== SUPPLIED RECORDS
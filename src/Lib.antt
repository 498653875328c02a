-- ===== src/Lib.antt =====
-- A verification library for minti's clan daemon, the Go program under src/cland.
--
-- A clan is a group of machines that elect one Orchestrator by heartbeats with terms and leases. Each
-- daemon keeps its clan on disk, knows its peers through a registry, receives heartbeats and tool
-- calls over HTTP, and lets members in and out. The parts and the files that model them:
--
--   Base        lists, maps, sorting, results and lemmas that the parts share
--   Clan        src/cland/internal/state/state.go: the clan, its roster and its revocation list; the
--               store (load_clan for LoadClan, save_clan for SaveClan and so on); RevocationList and
--               RosterMerge for Digest, Merge, RosterDigest and MergeRosterStates
--   Window      the sliding window that peers.go and ratelimit.go write out alike
--   Peers       src/cland/internal/peers/peers.go: the registry; one function per method
--   Election    src/cland/internal/election: state.go here, engine.go in Select (selectCandidate,
--               selectScribe, quorum) and Engine (tick, emitHeartbeats, runElection,
--               OnHeartbeatReceived), handlers.go in Handlers
--   Toolexec    src/cland/internal/toolexec and src/cland/internal/crypto/keyprovider.go: Signing for
--               token.go, Replay for replay.go, Limits for ratelimit.go, Keys for the key provider,
--               Execute for handlers.go
--   Membership  src/cland/internal/membership: Invites for invite.go, Knocks for knock.go's store,
--               Roster, Operations and KnockOperations for the service's methods
--   Keyrotate   src/cland/internal/keyrotate: a member's store and handlers here, the coordinator and
--               the members that it talks to in Coordinator
--   Memory      src/cland/internal/memory: the graph's data and checks here, GraphMerge for graph.go's
--               Merge, Digest and ids, Service for service.go, Blueprint, Handlers and Scribe for the
--               files of those names
--   Sync        src/cland/internal/revocations/sync.go, src/cland/internal/rostersync/sync.go and
--               src/cland/internal/memory/sync.go: MaybeSync, one child module for each
--   Transport   src/cland/internal/transport and src/cland/internal/crypto/hmac.go: the MAC, the stamp and
--               the early checks here, Nonces for nonce.go, Guarding for server.go's middleware
--   Router      src/cland/internal/router/router.go: routes, proxies and headers
--   Scores      src/cland/internal/scores/rubric.go: the rubric and the window of failures
--   Agent       src/cland/internal/agent: registry.go, tools.go, loop.go and the events of events.go here,
--               Approvals for approvals.go
--   Examples    sample data, and each theorem applied to it
--
-- How they meet: the election reads the roster and the revocations from the store of Clan and the
-- members from the registry of Peers; a heartbeat carries the digests of Clan; membership writes
-- the roster that the election counts; the tool endpoint and the middleware read the keys that a
-- rotation changes; a heartbeat whose digest differs starts a synchronisation, which fetches and
-- merges.
--
-- State is passed explicitly, errors are values. A method that holds its lock throughout is one
-- function from the old state to the new. Where a lock is free, while heartbeats are posted or a
-- peer is dialled, what other requests do meanwhile is a function that the caller supplies;
-- Peers.Capacity and Membership.Distinct take steps in any order. Times are natural numbers of
-- nanoseconds, 0 for Go's zero time; the int64 milliseconds of a token may be negative. A Go map is
-- an association list in the order of iteration. A term is a uint64, and its increment wraps. All
-- loops are structural recursion over lists, or over the number of rounds that the source allows,
-- so no fuel is needed.
--
-- Parameters stand for what is not in the repository: HMAC, SHA-256 and hexadecimal encoding, the
-- answers of peers, of runtimes, of the model and of the approver, the decoding of JSON, the
-- executor of a tool, random bytes. Theorems about digests hold for every hash function; the one on
-- rotation takes as hypothesis that decoding undoes encoding and that no digest is empty, and those
-- on the shared graph that no two different nodes of one id have the same times, revisions and
-- hashes.
--
-- Go's `s[:n]` counts bytes and may split a character; String is text here, so that cut is a parameter.
--
-- Routing between members runs the router's handler at each member, up to a number of hops after
-- which the client before gives up.
--
-- Not modelled: floating-point scores, TLS and the pin of certificates, discovery, logging, the
-- command line, and the other programs of the repository (runtime adapter, MCP servers, pack
-- manager, installers): input and output, or not reached yet.
pub mod Base
pub mod Clan
pub mod Window
pub mod Peers
pub mod Election
pub mod Toolexec
pub mod Membership
pub mod Keyrotate
pub mod Memory
pub mod Sync
pub mod Transport
pub mod Router
pub mod Scores
pub mod Agent
pub mod Examples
====
* [AIM OF THE TASK] Search the records above for the string "parts". Copy every line that contains it.

* [ANSWER BOX]
-- calls over HTTP, and lets members in and out. The parts and the files that model them:
--   Base        lists, maps, sorting, results and lemmas that the parts share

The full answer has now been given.